◆ Task to carry out: All lines of the entries with "Base" in them must be listed.

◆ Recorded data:
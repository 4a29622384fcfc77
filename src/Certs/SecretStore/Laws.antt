-- ===== src/Certs/SecretStore/Laws.antt =====
-- The certificate in its Secret, on an API server that answers each call and to which nobody else
-- writes meanwhile, with a generator that does what it promises.
use persistent_pod_state.Base.{
  Text, true, Option, some, ◌≡◌, refl, ap, ◌∙◌, inl, inr, Reply, success, failure, Option-cases,
  text_eq,
}
use persistent_pod_state.Base.Lists.{All}
use persistent_pod_state.Base.GoMap.{entries, lookup}
use persistent_pod_state.Api.{NamespacedName}
use persistent_pod_state.Cluster.{ApiError, not_found}
use persistent_pod_state.Cluster.Laws.{Answered}
use persistent_pod_state.Certs.Writer.{Artifacts, not_found_error, Crypto, valid_cert}
use persistent_pod_state.Certs.SecretStore.{
  Secret, SecretApi, CertGenerator, secret_to_certs, certs_to_secret, written, overwritten, learn,
  write_made, overwrite_made, read_found, secret_cert_writer, WriterState,
}

abbrev IsPresent : Option Text → Type 0
IsPresent o = (b : Text) × (o ≡ some b)

-- No part of the certificate is nil.
abbrev pub IsFilled : Artifacts → Type 0
IsFilled certs =
    IsPresent certs.ca_key × IsPresent certs.ca_cert × IsPresent certs.cert × IsPresent certs.key

-- No value is nil: JSON does not keep nil and an empty value apart.
abbrev pub HasValues : Secret → Type 0
HasValues x = All (λ e. IsPresent e.1) (entries x.contents)

-- The Secret has the key.
abbrev pub IsNamed : NamespacedName → Secret → Type 0
IsNamed sec x = (x.namespace ≡ sec.namespace) × (x.name ≡ sec.name)

-- What is documented of reads and writes of the Secret.
pub record IsQuietSecret (A : SecretApi) (sec : NamespacedName) : Type 0 where
  pub get_answered : (s : A.State) → Answered not_found (A.get s sec)
  pub create_done :
      (s : A.State) (x : Secret)
      → IsNamed sec x
      → A.get s sec ≡ failure not_found
      → (A.create x s).0 ≡ success tt
  pub get-create :
      (s : A.State) (x : Secret)
      → IsNamed sec x
      → A.get s sec ≡ failure not_found
      → HasValues x
      → (y : Secret) × (A.get (A.create x s).1 sec ≡ success y) × (y.contents ≡ x.contents)
  -- An update goes by the version that was read.
  pub update_done :
      (s : A.State) (x old : Secret)
      → IsNamed sec x
      → A.get s sec ≡ success old
      → x.resource_version ≡ old.resource_version
      → (A.update x s).0 ≡ success tt
  pub get-update :
      (s : A.State) (x old : Secret)
      → IsNamed sec x
      → A.get s sec ≡ success old
      → x.resource_version ≡ old.resource_version
      → HasValues x
      → (y : Secret) × (A.get (A.update x s).1 sec ≡ success y) × (y.contents ≡ x.contents)

-- The generator makes certificates that are valid for the name.
abbrev pub Generates : Crypto → CertGenerator → Text → Type 0
Generates K G dns_name =
    (g : G.State)
    → (certs : Artifacts) × (h : G.State) × (G.generate dns_name g ≡ (success certs, h))
      × (valid_cert K dns_name certs ≡ true)
      × IsFilled certs

pub secret_values :
    (certs : Artifacts) (sec : NamespacedName)
    → IsFilled certs
    → HasValues (certs_to_secret certs sec)
unfolding certs_to_secret
secret_values certs sec (ca_key, ca_cert, cert, key) =
    (ca_key, (ca_cert, (key, (key, (cert, (cert, tt))))))

pub named : (certs : Artifacts) (sec : NamespacedName) → IsNamed sec (certs_to_secret certs sec)
unfolding certs_to_secret
named certs sec = (refl, refl)

-- The version travels along.
pub version_of : (x : Secret) → (secret_to_certs x).resource_version ≡ x.resource_version
unfolding secret_to_certs
version_of x = elim (Option-cases x.contents) [
  | inl e ↦ ap (λ c. (secret_to_certs (record x { contents = c })).resource_version) e
  | inr (d, e) ↦ ap (λ c. (secret_to_certs (record x { contents = c })).resource_version) e
]

pub version_self :
    (x : Secret)
    → secret_to_certs x ≡ record (secret_to_certs x) { resource_version = x.resource_version }
version_self x = ap (λ v. record (secret_to_certs x) { resource_version = v }) (version_of x)

-- A certificate comes back from the Secret that it was put into.
pub secret_to_certs-certs_to_secret :
    (certs : Artifacts) (sec : NamespacedName) (y : Secret)
    → y.contents ≡ (certs_to_secret certs sec).contents
    → secret_to_certs y ≡ record certs { resource_version = y.resource_version }
unfolding secret_to_certs certs_to_secret lookup text_eq
secret_to_certs-certs_to_secret certs sec y h =
    ap (λ d. secret_to_certs (record y { contents = d })) h

written_success :
    (A : SecretApi) (G : CertGenerator) (certs : Artifacts) (g : G.State)
    (o : Reply ApiError (Unit {0}) × A.State)
    → o.0 ≡ success tt
    → written A G certs g o ≡ (success certs, (o.1, g))
unfolding written
written_success A G certs g (success _, s) h = refl
written_success A G certs g (failure e, s) h = cc

overwritten_success :
    (A : SecretApi) (G : CertGenerator) (certs : Artifacts) (g : G.State)
    (o : Reply ApiError (Unit {0}) × A.State)
    → o.0 ≡ success tt
    → overwritten A G certs g o ≡ (success certs, (o.1, g))
unfolding overwritten
overwritten_success A G certs g (success _, s) h = refl
overwritten_success A G certs g (failure e, s) h = cc

module _ (A : SecretApi) (G : CertGenerator) (sec : NamespacedName) (dns_name : Text) where
  pub read_absent :
      (u : WriterState A G)
      → A.get u.0 sec ≡ failure not_found
      → (secret_cert_writer A G sec dns_name).read u ≡ (failure not_found_error, u)
  unfolding read_found
  read_absent u h = ap (λ r. read_found A G sec dns_name r u) h

  pub read_stored :
      (u : WriterState A G) (x : Secret)
      → A.get u.0 sec ≡ success x
      → (secret_cert_writer A G sec dns_name).read u
        ≡ (success (secret_to_certs x), (u.0, learn A G (secret_to_certs x) u.1))
  unfolding read_found
  read_stored u x h = ap (λ r. read_found A G sec dns_name r u) h

  pub write_generated :
      (u : WriterState A G) (certs : Artifacts) (g : G.State)
      → G.generate dns_name u.1 ≡ (success certs, g)
      → (A.create (certs_to_secret certs sec) u.0).0 ≡ success tt
      → (secret_cert_writer A G sec dns_name).write u
        ≡ (success certs, ((A.create (certs_to_secret certs sec) u.0).1, g))
  unfolding write_made
  write_generated u certs g made done =
      ap (write_made A G sec dns_name u.0) made ∙ written_success A G certs g _ done

  -- The Secret that replaces one of the version.
  abbrev pub replacement : Artifacts → Text → Secret
  replacement certs version = record (certs_to_secret certs sec) { resource_version = version }

  pub overwrite_generated :
      (u : WriterState A G) (certs : Artifacts) (g : G.State) (version : Text)
      → G.generate dns_name u.1 ≡ (success certs, g)
      → (A.update (replacement certs version) u.0).0 ≡ success tt
      → (secret_cert_writer A G sec dns_name).overwrite version u
        ≡ (success certs, ((A.update (replacement certs version) u.0).1, g))
  unfolding overwrite_made
  overwrite_generated u certs g version made done =
      ap (overwrite_made A G sec dns_name version u.0) made ∙ overwritten_success A G certs g _ done

  pub replacement-IsNamed :
      (certs : Artifacts) (version : Text) → IsNamed sec (replacement certs version)
  unfolding certs_to_secret
  replacement-IsNamed certs version = (refl, refl)

  pub replacement_values :
      (certs : Artifacts) (version : Text) → IsFilled certs → HasValues (replacement certs version)
  replacement_values certs version filled = secret_values certs sec filled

◆ Task output:
use persistent_pod_state.Base.{
use persistent_pod_state.Base.Lists.{All}
use persistent_pod_state.Base.GoMap.{entries, lookup}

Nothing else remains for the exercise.